BRIEF
Whatever the records contain, reproduce all of them exactly.

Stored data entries
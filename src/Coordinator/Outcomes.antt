-- ===== src/Coordinator/Outcomes.antt =====
-- runtime/workflow_coordinator.py: a task's status in the scheduler, its status in the DAG and its state,
-- and when the three agree.
use agent_manager.Prelude.Dict
use agent_manager.Prelude.Dict.{Dict, get-put}
use agent_manager.Prelude.{String, ◌≡◌, Bool, true, false, some}
use agent_manager.StateManager.Transitions.{TaskState, ready, completed, failed, blocked_hitl}
use agent_manager.Dag.Engine
use agent_manager.Dag.Engine.{DagNode, TaskStatus, update_node_status}
use agent_manager.SchedulerEngine.Engine.{
  ScheduledTask, Status, pending as queued_status, completed as done_status, failed as lost_status,
}
use agent_manager.Coordinator.State.{Coordinator}

module _ {R M G : Type 0} where
  abbrev pub StateIs : String → TaskState → Coordinator R M G → Type 0
  StateIs task_id s c = Dict.get c.executor.state_machine.states task_id ≡ some s

  -- The task is in the scheduler, and in the DAG, with this status.
  abbrev pub SchedulerIs : String → Status → Coordinator R M G → Type 0
  SchedulerIs task_id st c =
      (t : ScheduledTask) × (Dict.get c.scheduler.tasks task_id ≡ some t) × (t.status ≡ st)

  abbrev pub DagIs : String → TaskStatus → Coordinator R M G → Type 0
  DagIs task_id st c = (n : DagNode) × (Dict.get c.dag.nodes task_id ≡ some n) × (n.status ≡ st)

-- A step that keeps the parts of the coordinator.
pub record IsKept {R M G : Type 0} (c c' : Coordinator R M G) : Type 0 where
  pub scheduler : c'.scheduler ≡ c.scheduler
  pub dag : c'.dag ≡ c.dag
  pub executor : c'.executor ≡ c.executor

abbrev pub IsSilent : {R M G : Type 0} → (Coordinator R M G → Coordinator R M G) → Type 0
IsSilent {R} {M} {G} f = (c : Coordinator R M G) → IsKept c (f c)

-- The states that a task that failed for the workflow can be in.
unfoldable pub ended_state : TaskState → Bool
ended_state completed = true
ended_state failed = true
ended_state blocked_hitl = true
ended_state _ = false

pub data Agreement {R M G : Type 0} (task_id : String) (c : Coordinator R M G) : Type 0 where
  agreed_completed :
      SchedulerIs task_id done_status c
      → DagIs task_id Engine.completed c
      → StateIs task_id completed c
      → Agreement task_id c
  agreed_pending :
      SchedulerIs task_id queued_status c
      → DagIs task_id Engine.pending c
      → StateIs task_id ready c
      → Agreement task_id c
  agreed_failed :
      SchedulerIs task_id lost_status c
      → DagIs task_id Engine.failed c
      → (s : TaskState) → StateIs task_id s c
      → ended_state s ≡ true
      → Agreement task_id c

YOUR SOLUTION
filename src/Coordinator/Outcomes.antt
-- ===== src/Coordinator/Outcomes.antt =====
-- runtime/workflow_coordinator.py: a task's status in the scheduler, its status in the DAG and its state,
-- and when the three agree.
use agent_manager.Prelude.Dict
use agent_manager.Prelude.Dict.{Dict, get-put}
use agent_manager.Prelude.{String, ◌≡◌, Bool, true, false, some}
use agent_manager.StateManager.Transitions.{TaskState, ready, completed, failed, blocked_hitl}
use agent_manager.Dag.Engine
use agent_manager.Dag.Engine.{DagNode, TaskStatus, update_node_status}
use agent_manager.SchedulerEngine.Engine.{
  ScheduledTask, Status, pending as queued_status, completed as done_status, failed as lost_status,
}
use agent_manager.Coordinator.State.{Coordinator}

module _ {R M G : Type 0} where
  abbrev pub StateIs : String → TaskState → Coordinator R M G → Type 0
  StateIs task_id s c = Dict.get c.executor.state_machine.states task_id ≡ some s

  -- The task is in the scheduler, and in the DAG, with this status.
  abbrev pub SchedulerIs : String → Status → Coordinator R M G → Type 0
  SchedulerIs task_id st c =
      (t : ScheduledTask) × (Dict.get c.scheduler.tasks task_id ≡ some t) × (t.status ≡ st)

  abbrev pub DagIs : String → TaskStatus → Coordinator R M G → Type 0
  DagIs task_id st c = (n : DagNode) × (Dict.get c.dag.nodes task_id ≡ some n) × (n.status ≡ st)

-- A step that keeps the parts of the coordinator.
pub record IsKept {R M G : Type 0} (c c' : Coordinator R M G) : Type 0 where
  pub scheduler : c'.scheduler ≡ c.scheduler
  pub dag : c'.dag ≡ c.dag
  pub executor : c'.executor ≡ c.executor

abbrev pub IsSilent : {R M G : Type 0} → (Coordinator R M G → Coordinator R M G) → Type 0
IsSilent {R} {M} {G} f = (c : Coordinator R M G) → IsKept c (f c)

-- The states that a task that failed for the workflow can be in.
unfoldable pub ended_state : TaskState → Bool
ended_state completed = true
ended_state failed = true
ended_state blocked_hitl = true
ended_state _ = false

pub data Agreement {R M G : Type 0} (task_id : String) (c : Coordinator R M G) : Type 0 where
  agreed_completed :
      SchedulerIs task_id done_status c
      → DagIs task_id Engine.completed c
      → StateIs task_id completed c
      → Agreement task_id c
  agreed_pending :
      SchedulerIs task_id queued_status c
      → DagIs task_id Engine.pending c
      → StateIs task_id ready c
      → Agreement task_id c
  agreed_failed :
      SchedulerIs task_id lost_status c
      → DagIs task_id Engine.failed c
      → (s : TaskState) → StateIs task_id s c
      → ended_state s ≡ true
      → Agreement task_id c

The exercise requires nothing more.